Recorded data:

- - - -

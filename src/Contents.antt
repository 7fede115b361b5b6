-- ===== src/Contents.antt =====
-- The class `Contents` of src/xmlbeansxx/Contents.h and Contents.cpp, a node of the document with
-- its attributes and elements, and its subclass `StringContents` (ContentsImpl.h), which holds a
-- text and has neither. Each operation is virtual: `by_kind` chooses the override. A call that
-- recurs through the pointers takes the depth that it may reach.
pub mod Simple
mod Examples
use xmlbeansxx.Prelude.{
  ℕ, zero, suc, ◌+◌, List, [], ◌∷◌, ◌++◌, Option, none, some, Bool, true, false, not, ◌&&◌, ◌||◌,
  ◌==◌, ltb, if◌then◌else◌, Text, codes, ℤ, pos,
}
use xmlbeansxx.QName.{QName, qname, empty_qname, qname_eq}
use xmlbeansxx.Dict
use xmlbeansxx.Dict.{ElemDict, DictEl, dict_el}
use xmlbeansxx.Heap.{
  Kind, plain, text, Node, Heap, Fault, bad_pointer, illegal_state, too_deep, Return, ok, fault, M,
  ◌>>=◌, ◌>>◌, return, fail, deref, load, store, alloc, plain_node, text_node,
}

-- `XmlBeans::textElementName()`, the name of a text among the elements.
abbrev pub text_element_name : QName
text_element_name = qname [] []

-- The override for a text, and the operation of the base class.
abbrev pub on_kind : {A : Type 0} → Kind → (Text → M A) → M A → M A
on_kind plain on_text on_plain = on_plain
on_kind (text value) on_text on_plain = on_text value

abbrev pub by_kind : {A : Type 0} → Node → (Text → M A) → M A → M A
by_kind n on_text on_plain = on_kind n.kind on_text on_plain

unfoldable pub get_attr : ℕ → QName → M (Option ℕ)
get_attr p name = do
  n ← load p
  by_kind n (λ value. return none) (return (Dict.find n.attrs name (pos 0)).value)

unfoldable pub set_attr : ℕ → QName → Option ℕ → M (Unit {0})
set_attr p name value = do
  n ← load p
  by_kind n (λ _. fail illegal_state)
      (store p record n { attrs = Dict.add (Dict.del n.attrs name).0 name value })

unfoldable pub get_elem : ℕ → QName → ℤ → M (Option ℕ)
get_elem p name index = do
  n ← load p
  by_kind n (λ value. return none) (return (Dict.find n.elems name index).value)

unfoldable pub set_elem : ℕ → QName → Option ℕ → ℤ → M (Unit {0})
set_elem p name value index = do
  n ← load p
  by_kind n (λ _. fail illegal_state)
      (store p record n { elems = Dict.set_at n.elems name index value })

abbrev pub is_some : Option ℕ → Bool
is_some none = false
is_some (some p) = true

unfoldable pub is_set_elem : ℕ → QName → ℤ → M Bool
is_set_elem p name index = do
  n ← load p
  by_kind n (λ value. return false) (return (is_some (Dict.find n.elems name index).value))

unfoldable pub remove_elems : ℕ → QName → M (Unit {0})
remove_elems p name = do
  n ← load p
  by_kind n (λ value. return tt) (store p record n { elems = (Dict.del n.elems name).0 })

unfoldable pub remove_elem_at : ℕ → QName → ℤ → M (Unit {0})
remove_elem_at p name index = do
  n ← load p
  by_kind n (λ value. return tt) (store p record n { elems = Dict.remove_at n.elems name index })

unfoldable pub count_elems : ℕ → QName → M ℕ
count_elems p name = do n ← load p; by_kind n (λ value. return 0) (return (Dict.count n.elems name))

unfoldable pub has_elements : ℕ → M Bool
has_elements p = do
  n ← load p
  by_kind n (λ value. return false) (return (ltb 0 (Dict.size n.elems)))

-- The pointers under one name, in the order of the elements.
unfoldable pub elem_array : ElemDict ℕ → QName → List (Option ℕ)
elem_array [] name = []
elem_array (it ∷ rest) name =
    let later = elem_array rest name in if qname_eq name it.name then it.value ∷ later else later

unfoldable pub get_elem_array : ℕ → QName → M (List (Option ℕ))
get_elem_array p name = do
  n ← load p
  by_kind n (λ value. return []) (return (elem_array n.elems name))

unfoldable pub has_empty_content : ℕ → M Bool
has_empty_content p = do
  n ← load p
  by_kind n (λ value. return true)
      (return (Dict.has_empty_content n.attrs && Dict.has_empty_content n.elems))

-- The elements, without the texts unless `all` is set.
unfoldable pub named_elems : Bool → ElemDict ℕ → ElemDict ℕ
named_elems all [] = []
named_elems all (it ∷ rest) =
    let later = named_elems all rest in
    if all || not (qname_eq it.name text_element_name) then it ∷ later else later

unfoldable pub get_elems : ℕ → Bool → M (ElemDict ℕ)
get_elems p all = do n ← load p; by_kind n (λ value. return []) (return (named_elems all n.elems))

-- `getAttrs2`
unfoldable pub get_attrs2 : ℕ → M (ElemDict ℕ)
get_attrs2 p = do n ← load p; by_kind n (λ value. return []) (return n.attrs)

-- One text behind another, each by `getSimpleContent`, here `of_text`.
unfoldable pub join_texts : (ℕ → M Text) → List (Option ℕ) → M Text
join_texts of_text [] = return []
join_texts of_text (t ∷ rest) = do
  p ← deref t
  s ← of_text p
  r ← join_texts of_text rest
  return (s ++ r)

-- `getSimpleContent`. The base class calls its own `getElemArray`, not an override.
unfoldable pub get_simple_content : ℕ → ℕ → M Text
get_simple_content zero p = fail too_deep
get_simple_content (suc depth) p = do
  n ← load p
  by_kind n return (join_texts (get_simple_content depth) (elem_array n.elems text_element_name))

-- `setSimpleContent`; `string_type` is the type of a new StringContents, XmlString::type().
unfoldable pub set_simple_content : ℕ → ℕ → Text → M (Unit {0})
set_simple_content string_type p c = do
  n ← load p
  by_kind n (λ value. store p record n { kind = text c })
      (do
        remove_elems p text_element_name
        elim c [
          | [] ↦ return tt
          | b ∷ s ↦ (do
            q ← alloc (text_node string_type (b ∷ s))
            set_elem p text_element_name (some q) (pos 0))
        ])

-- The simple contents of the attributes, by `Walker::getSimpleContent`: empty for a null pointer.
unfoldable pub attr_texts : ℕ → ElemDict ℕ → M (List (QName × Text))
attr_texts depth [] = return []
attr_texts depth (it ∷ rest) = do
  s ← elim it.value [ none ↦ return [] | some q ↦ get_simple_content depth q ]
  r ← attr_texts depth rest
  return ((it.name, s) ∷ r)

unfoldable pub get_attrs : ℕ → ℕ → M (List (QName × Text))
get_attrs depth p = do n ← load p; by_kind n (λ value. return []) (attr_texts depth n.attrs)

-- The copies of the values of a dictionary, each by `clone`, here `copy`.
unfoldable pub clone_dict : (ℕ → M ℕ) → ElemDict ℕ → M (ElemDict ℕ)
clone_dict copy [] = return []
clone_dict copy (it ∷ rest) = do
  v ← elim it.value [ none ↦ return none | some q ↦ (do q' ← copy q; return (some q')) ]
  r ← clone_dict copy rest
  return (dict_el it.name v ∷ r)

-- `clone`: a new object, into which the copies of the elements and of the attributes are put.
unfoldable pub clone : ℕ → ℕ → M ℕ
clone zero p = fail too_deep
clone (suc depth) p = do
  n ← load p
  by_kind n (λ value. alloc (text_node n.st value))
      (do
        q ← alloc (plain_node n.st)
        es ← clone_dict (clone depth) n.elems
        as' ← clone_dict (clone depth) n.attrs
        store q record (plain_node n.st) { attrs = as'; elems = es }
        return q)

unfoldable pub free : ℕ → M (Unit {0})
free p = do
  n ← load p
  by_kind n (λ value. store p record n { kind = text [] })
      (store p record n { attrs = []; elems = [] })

- - - -

Give the count of lines in the records that contain "attributes", and no other text.

• Solution to the problem: 3